By Paul Morden for the Sarnia Observer

(2014) George Stirrett, one of many young men from Sarnia-Lambton who enlisted a century ago to fight in the First World War, is still remembered. Sarnia’s armoury on Confederation Street is named for Stirrett, who returned home with the Distinguished Conduct Medal and the Military Cross, and Petrolia’s Gene Smith remembers stories the veteran of the Great War would tell while visiting the mess of the First Hussars, a regiment he served in overseas.

Smith was a young officer with the First Hussars when he first came to know Stirrett many years ago. “We would sit around the table and he would tell anecdotes and small stories, and once in a while sad ones, but mostly the fun things,” Smith said. One of those is recorded in the book Billy Bishop: Canadian Hero, by Sarnia writer Dan McCaffery. Bishop, the celebrated fighter pilot, and Stirrett met up early in the war. Stirrett, born in Forest and raised in Petrolia, had enlisted in early 1915 in nearby London where he served under Bishop with the 7th Mounted Rifles.

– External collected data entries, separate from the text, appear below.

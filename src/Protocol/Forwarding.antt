-- ===== src/Protocol/Forwarding.antt =====
-- Data packets: `RouteOutput`, `LoopbackRoute` and `Forwarding` of aodv-routing-protocol.cc. The
-- Boolean result of the last stands behind the outputs.
use fp_jaringan_nirkabel.Base.{
  ℕ, ℤ, ◌==◌, ◌&&◌, ◌||◌, not, Bool, true, false, Option, none, some, List, [], ◌∷◌, if◌then◌else◌,
  negsuc, ◌>>=◌,
}
use fp_jaringan_nirkabel.Net.{Time, Packet, Ipv4Header}
use fp_jaringan_nirkabel.Platform.{Platform}
use fp_jaringan_nirkabel.RouteEntry.{InterfaceAddress, Ipv4Route, is_valid}
use fp_jaringan_nirkabel.RoutingTable.{RoutingTable, purge, lookup_route, lookup_valid_route}
use fp_jaringan_nirkabel.Routing.{update_route_life_time}
use fp_jaringan_nirkabel.Discovery.{or_default}
use fp_jaringan_nirkabel.Errors.Broken.{send_rerr_when_no_route_to_forward}
use fp_jaringan_nirkabel.Protocol.{
  Node, Protocol, Output, forwarded, dropped, delivered, is_same_interface, table_of, sockets_of,
  with_table, ◌▹◌, reporter, report, update_neighbor,
}

-- What `RouteOutput` returns, with `ERROR_NOROUTETOHOST` in `sockerr`, and the packet's tag.
pub record Answer : Type 0 where
  pub route : Option Ipv4Route
  pub no_route_to_host : Bool
  pub packet : Option Packet

-- The first address of the sockets, on the device if one is asked for.
unfoldable pub source_address : Node → Option ℕ → List (ℕ × InterfaceAddress) → Option ℕ
source_address node oif [] = none
source_address node none ((_, iface) ∷ ss) = some iface.local
source_address node (some dev) ((_, iface) ∷ ss) =
    if dev == node.ip.device_of iface.local
    then some iface.local
    else source_address node (some dev) ss

-- `none` where the assertion on the source fails, or there is no socket at all.
unfoldable pub loopback_route :
    Node → Ipv4Header → Option ℕ → List (ℕ × InterfaceAddress) → Option Ipv4Route
unfolding source_address
loopback_route node header oif ss = do
  source ← source_address node oif ss
  if source == node.parameters.default_address
      then none
      else some record {
        destination = header.destination;
        gateway = 2130706433;
        source = source;
        output_device = node.loopback;
      }

unfoldable pub tag_packet : Node → Option ℕ → Packet → Packet
tag_packet node oif p = elim p.deferred_tag [
  | none ↦ record p {
    deferred_tag = some (elim oif [ none ↦ negsuc 0 | some dev ↦ node.interface_for_device dev ]);
  }
  | some interface ↦ p
]

unfoldable pub is_other_device : Option ℕ → Ipv4Route → Bool
is_other_device none route = false
is_other_device (some dev) route = not (route.output_device == dev)

-- The packet that is to be delivered locally, or handed to the error callback where there is no
-- callback for that.
unfoldable pub deliver : Bool → ℕ → Packet → Ipv4Header → Output
deliver lcb ecb p header =
    if lcb
    then delivered p header
    else dropped (record { callback = ecb; packet = p; header = header })

unfoldable pub is_broadcast_on : Node → ℤ → ℕ → ℕ × InterfaceAddress → Bool
unfolding is_same_interface
is_broadcast_on node iif dst (_, iface) =
    is_same_interface (node.interface_for_address iface.local) iif
    && (dst == iface.broadcast || dst == 4294967295)

-- A message of the protocol itself: UDP to its port.
unfoldable pub is_aodv : Node → Packet → Ipv4Header → Bool
is_aodv node p header = header.protocol == 17 && node.udp_port p == 654

module _ {D : Type 0} ⦃o : Platform D⦄ where
  abbrev pub touch : Node → Time → ℕ → RoutingTable D → RoutingTable D
  touch node now addr t = (update_route_life_time now addr node.active_route_timeout t).0

  abbrev pub answering :
      Bool → Option (Protocol D × List Output) → Option (Protocol D × List Output × Bool)
  answering b none = none
  answering b (some (s, out)) = some (s, out, b)

  unfoldable pub route_output :
      Node
      → Time
      → Option Packet
      → Ipv4Header
      → Option ℕ
      → Protocol D
      → Option (Protocol D × Answer)
  unfolding loopback_route lookup_valid_route update_route_life_time is_other_device tag_packet
  route_output node now none header oif s = do
    route ← loopback_route node header oif (sockets_of s)
    some (s, record { route = some route; no_route_to_host = false; packet = none })
  route_output node now (some p) header oif s = elim (sockets_of s) [
    | [] ↦ some (s, record { route = none; no_route_to_host = true; packet = some p })
    | socket ∷ ss ↦
        let (t, found) = lookup_valid_route now header.destination (table_of s) in
        elim found [
          | some rt ↦
              if is_other_device oif rt.route
              then some (
                with_table t s,
                record { route = none; no_route_to_host = true; packet = some p },
              )
              else some (
                with_table (touch node now rt.route.gateway (touch node now header.destination t))
                    s,
                record { route = some rt.route; no_route_to_host = false; packet = some p },
              )
          | none ↦ do
            route ← loopback_route node header oif (socket ∷ ss)
            some (
              with_table t s,
              record {
                route = some route;
                no_route_to_host = false;
                packet = some (tag_packet node oif p);
              },
            )
        ]
  ]

  unfoldable pub no_route : Node → Time → ℕ → ℕ → ℕ → Protocol D → Option (Protocol D × List Output)
  unfolding send_rerr_when_no_route_to_forward reporter
  no_route node now dst seq_no origin s =
      report s (send_rerr_when_no_route_to_forward now dst seq_no origin (reporter node s))

  -- The life times that a forwarded packet renews, with the next hop towards its source.
  unfoldable pub renew : Node → Time → Ipv4Header → Ipv4Route → RoutingTable D → RoutingTable D × ℕ
  unfolding update_route_life_time lookup_route or_default
  renew node now header route t =
      let t1 =
        touch node now route.gateway
          (touch node now header.destination (touch node now header.source t)) in
      let (t2, found) = lookup_route now header.source t1 in
      let next_hop = (or_default node.parameters now found).route.gateway in
      (touch node now next_hop t2, next_hop)

  unfoldable pub forward_by :
      Node
      → Time
      → Packet
      → Ipv4Header
      → ℕ
      → Ipv4Route
      → Protocol D
      → Option (Protocol D × List Output)
  unfolding renew update_neighbor
  forward_by node now p header ucb route s =
      let (t, next_hop) = renew node now header route (table_of s) in
      update_neighbor node now route.gateway node.active_route_timeout (with_table t s)
      ▹ update_neighbor node now next_hop node.active_route_timeout
      ▹ λ s'. some (s', forwarded ucb route p header ∷ [])

  unfoldable pub forwarding :
      Node → Time → Packet → Ipv4Header → ℕ → Protocol D → Option (Protocol D × List Output × Bool)
  unfolding purge lookup_route is_valid forward_by no_route
  forwarding node now p header ucb s =
      let (t, found) = lookup_route now header.destination (purge now (table_of s)) in
      let s1 = with_table t s in
      elim found [
        | none ↦ answering false (no_route node now header.destination 0 header.source s1)
        | some to_dst ↦
            if is_valid to_dst.flag
            then answering true (forward_by node now p header ucb to_dst.route s1)
            else if to_dst.valid_seq_no
            then answering false
                (no_route node now header.destination to_dst.seq_no header.source s1)
            else answering false (no_route node now header.destination 0 header.source s1)
      ]
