-- ===== src/Protocol/Timers.antt =====
-- The timers of aodv-routing-protocol.cc: `HelloTimerExpire` with `SendHello`, the two rate limits,
-- `AckTimerExpire`, `MetricsUpdateTimerExpire` and `PathQualityTimerExpire` with `CheckPathQuality`.
use fp_jaringan_nirkabel.Base.{
  ℕ, true, none, some, List, [], ◌∷◌, if◌then◌else◌, pos, ◌-ℤ◌, ltb_ℤ, max_ℤ,
}
use fp_jaringan_nirkabel.Net.{Time}
use fp_jaringan_nirkabel.Platform.{Platform, max_double}
use fp_jaringan_nirkabel.RouteEntry.{InterfaceAddress}
use fp_jaringan_nirkabel.RoutingTable.{purge_multipath_routes, mark_link_as_unidirectional}
use fp_jaringan_nirkabel.Metrics.{calculate_weights}
use fp_jaringan_nirkabel.Packet.Rrep.{new_header}
use fp_jaringan_nirkabel.Discovery.{bcast_destination}
use fp_jaringan_nirkabel.Protocol.{
  Node, Protocol, Output, greeted, table_of, sockets_of, with_table, hello_time,
}

-- The loop of `SendHello`.
unfoldable pub hellos : Node → ℕ → List (ℕ × InterfaceAddress) → List Output
unfolding new_header hello_time bcast_destination
hellos node seq_no [] = []
hellos node seq_no ((socket, iface) ∷ ss) =
    greeted socket (new_header node.clock 0 0 iface.local seq_no iface.local (hello_time node))
      (bcast_destination iface)
    ∷ hellos node seq_no ss

module _ {D : Type 0} where
  unfoldable pub send_hello : Node → Protocol D → List Output
  unfolding hellos
  send_hello node s = hellos node s.discovery.seq_no (sockets_of s)

  unfoldable pub hello_timer_expire : Node → Time → Protocol D → Protocol D × List Output
  unfolding send_hello
  hello_timer_expire node now s =
      let last = s.discovery.last_bcast_time in
      let recent = ltb_ℤ (pos 0) last in
      let offset = if recent then now -ℤ last else pos 0 in
      (
        record s {
          htimer = some (max_ℤ (pos 0) (node.hello_interval -ℤ offset));
          discovery = record s.discovery { last_bcast_time = pos 0 };
        },
        if recent then [] else send_hello node s,
      )

  unfoldable pub rreq_rate_limit_timer_expire : Protocol D → Protocol D
  rreq_rate_limit_timer_expire s = record s { discovery = record s.discovery { rreq_count = 0 } }

  unfoldable pub rerr_rate_limit_timer_expire : Protocol D → Protocol D
  rerr_rate_limit_timer_expire s = record s { rerr_count = 0; is_rerr_timer_running = true }

module _ {D : Type 0} ⦃o : Platform D⦄ where
  open o use {decimal, sub}

  unfoldable pub ack_timer_expire : ℕ → Time → Protocol D → Protocol D
  unfolding mark_link_as_unidirectional
  ack_timer_expire neighbor blacklist_timeout s =
      with_table (mark_link_as_unidirectional neighbor blacklist_timeout (table_of s)).0 s

  unfoldable pub metrics_update_timer_expire : Protocol D → Protocol D
  unfolding max_double calculate_weights
  metrics_update_timer_expire s = record s {
    residual_energy = max_double (decimal (pos 1) 1) (sub s.residual_energy (decimal (pos 1) 2));
    current_weights = calculate_weights s.network_context;
  }

  unfoldable pub check_path_quality : Time → Protocol D → Protocol D
  unfolding purge_multipath_routes
  check_path_quality now s =
      if s.multipath_enabled then with_table (purge_multipath_routes now (table_of s)) s else s

  -- The timer is scheduled again only while alternative paths are enabled.
  unfoldable pub path_quality_timer_expire : Node → Time → Protocol D → Protocol D
  unfolding check_path_quality
  path_quality_timer_expire node now s =
      if s.multipath_enabled
      then record (check_path_quality now s) { path_quality_timer = some (node.seconds 3) }
      else record s { path_quality_timer = none }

In the book, McCaffery retells Stirrett’s story about a night when several of the soldiers had been drinking heavily and visited a London hotel where they decided to sneak out without paying their bill. Most made it out a bathroom window but Bishop lingered behind to flirt with an attractive waitress, and then got stuck when he tried to follow them out. The hotel owner walked into the bathroom while Bishop was stuck halfway out and began pulling on his legs while Stirrett, standing outside, pulled on Bishop’s arms. Eventually, the bathroom window gave way and the pair hobbled off with the window frame still around Bishop’s waist. When the police arrived at camp the next morning, Bishop was the prime suspect because of his past adventures, but he denied it all. “They couldn’t say anything because the hotel owner had never seen his face, just his backside poking out the window,” McCaffery quotes Stirrett as saying.

Stirrett later attempted to join the Royal Flying Corps with Bishop, but was turned down and remained in the cavalry unit that sailed for England in June 1915, and then to France later that fall. He led 60 stretcher bearers into enemy fire at the Battle of the Somme to retrieve injured soldiers, but only 16 returned to the Allied trenches. The rest were killed or were wounded.

Stirrett was awarded the Distinguished Conduct Medal after he went out again alone when he heard someone call for help from the battlefield. He eventually pulled eight men back to safety.

More than 60,000 Canadians died in the war, but Stirrett survived, reached the rank of major and was decorated again near the end of the fighting when his unit left the trenches and mounted up again to pursued the retreating German soldiers.

Smith, who came to know Stirrett well in the years after the war, wrote down many of his stories and assembled them years later into a booklet.

“He said, ‘We’d go out in groups of five or six and we’d look at a place, maybe a tree line, and thought they might be there,'” Smith said he remembers Stirrett telling him.

“He said, ‘We’d sort of saunter up to the treeline and then we’d rein up real quick, look and then gallop away. If they were there, they’d shoot at us, and we found them.'”

Stirrett returned from the war to live out his life in Sarnia, dying in 1982 at the age of 88. He was buried with full military honours in the Stirrett family plot in Petrolia’s Hillsdale Cemetery.

“He was a very quiet, religious and polite man,” Smith said. “I’m quite honoured to have known him.”

Smith’s history of Stirrett’s service during the war is posted in the military section of www.petroliaheritage.com, a website maintained by Martin Dillon.